FixOrDelete

ThoughtStorms Wiki

Context: ThoughtStormsIsNotAMuseum / CleaningUpThoughtStorms

(ReadWith) ForgettingInThoughtStorms

Nick Milo tweeted :

How many older notes (2+ years old) have you continued to link to? To grow?

Or do you always start from nothing with re-googling?

Or does Life just make the old notes obsolete?

And I responded (https://twitter.com/interstar/status/1515600186986401797)

Big challenge for me. My personal wiki is 20 years old. I'm often bumping into pages full of dead links or outdated ideas.

One question is "fix or delete"? Use Wayback Machine to recover link or just delete it?

But the biggest issue I've found is it throws new notes into disrepute. I look at something and think "if X seemed so important back then but is completely forgotten now, is it worth writing about Y who seems like the new X and might be equally ephemeral?"

You start wanting to wait until you really know how important something or someone is going to be.

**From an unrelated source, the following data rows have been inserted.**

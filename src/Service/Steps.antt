-- ===== src/Service/Steps.antt =====
-- The whole service: what any sequence of requests, token exchanges and seedings can lead to.
use identity_api.Common.{ℤ, String, ◌≡◌, List}
use identity_api.Types.{PrefixedId}
use identity_api.Exec.{Result}
use identity_api.Platform.{Platform, IsDocumented, View}
use identity_api.Storage.{background}
use identity_api.Storage.Seed.{SeedIssuer, seed_database}
use identity_api.Userinfo
use identity_api.Invariant.Listings.{kept-userinfo, kept-userinfo_groups}
use identity_api.Exchange
use identity_api.Exchange.Mapping.{Jwt}
use identity_api.Service.{Request, Outside, handle_request}
use identity_api.Service.Kept.{LeavesTables, kept-handle_request}
use identity_api.Invariant.{IsInvariant, AllowsMembers, same_view}
use identity_api.Invariant.Exchanges.{IsOutside, kept-exchange, kept-seed_database}
use identity_api.Constraints.Sound.{IsSound, IsSound-IsInvariant, IsSound-AllowsMembers}

module _ (p : Platform) (o : Outside p) (j : Jwt p) where
  -- One step: a request, a token exchange, a seeding of issuers or a request to a user info endpoint,
  -- whatever its outcome, or anything that leaves what is observed alone.
  pub data Step : p.World → p.World → Type 0 where
    request : {w : p.World} (r : Request) → Step w (handle_request p o r w).1
    exchange :
        {w : p.World} (r : Exchange.Request)
        → Step w (Exchange.handle_token_endpoint_request p j o.cel r w).1
    seed : {w : p.World} (issuers : List SeedIssuer) → Step w (seed_database p o.cel issuers w).1
    user_info :
        {w : p.World} (subject : PrefixedId) → Step w (Userinfo.handle p background subject w).1
    user_groups :
        {w : p.World} (atoi : String → Result ℤ) (subject cursor limit : String)
        → Step w (Userinfo.list_user_groups p o.codec o.as_of atoi subject cursor limit w).1
    elsewhere : {w v : p.World} → p.view v ≡ p.view w → Step w v

  pub data Reach (w : p.World) : p.World → Type 0 where
    here : Reach w w
    next : {v u : p.World} → Reach w v → Step v u → Reach w u

module _ {p : Platform} (d : IsDocumented p) {o : Outside p} (l : LeavesTables p o) {j : Jwt p}
    (apart : IsOutside p j) where
  Step-keeps :
      {I : View → Type 0}
      → IsInvariant I
      → AllowsMembers I
      → {w v : p.World} → Step p o j w v
      → I (p.view w)
      → I (p.view v)
  Step-keeps inv m (request r) = ((kept-handle_request d inv l r (λ _. m)).at _).holds
  Step-keeps inv m (exchange r) = ((kept-exchange d inv apart o.cel r).at _).holds
  Step-keeps inv m (seed issuers) = ((kept-seed_database d inv o.cel issuers).at _).holds
  Step-keeps inv m (user_info subject) = ((kept-userinfo d inv background subject).at _).holds
  Step-keeps inv m (user_groups atoi subject cursor limit) =
      ((kept-userinfo_groups d inv o.codec o.as_of atoi subject cursor limit).at _).holds
  Step-keeps {I = I} inv m (elsewhere e) = same_view I e

  -- The constraints of the migrations: ids, issuer URIs, subjects of an issuer, names of an owner's
  -- groups and memberships are unique, and users and memberships refer to issuers and groups that are
  -- there. If the committed tables and those of the open transaction satisfy them, they do so after any
  -- sequence of requests to the API and the user info endpoints, token exchanges and seedings,
  -- whatever fails in between.
  pub Reach-IsSound : {w v : p.World} → IsSound (p.view w) → Reach p o j w v → IsSound (p.view v)
  Reach-IsSound h here = h
  Reach-IsSound h (next r s) =
      Step-keeps IsSound-IsInvariant IsSound-AllowsMembers s (Reach-IsSound h r)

But if you do that you lose all the "life" from your notes.

Notes that last a long time blur the distinctions between the hyper-timeliness of social media and something longer term. But that brings is own dilemma.

Nick responds :

I feel the dilemma here. What percent of outdated notes are ones written in your own words? My hope would be that it's a smaller % than the number of notes of collected words/links from others

For the percent that are your own notes, perhaps the note changes in importance, but still carries meaning: like going from "awesome idea" to "nostalgic idea I had once". Like in "Inside-Out" how happy memories get tinged with a bittersweet quality.

Pages where I wrote the equivalent of a post or short essay tend to last longer than items which are links to external things. EXCEPT the pages where I said "here's what I think is going to happen about X" which, long term are always outdated and wrong.

Problem is I had a habit of freely mixing description and speculation in my longer form writing. And even writing which isn't explicit links is often still in regard to external events or technological innovations, which didn't pan out as I expected.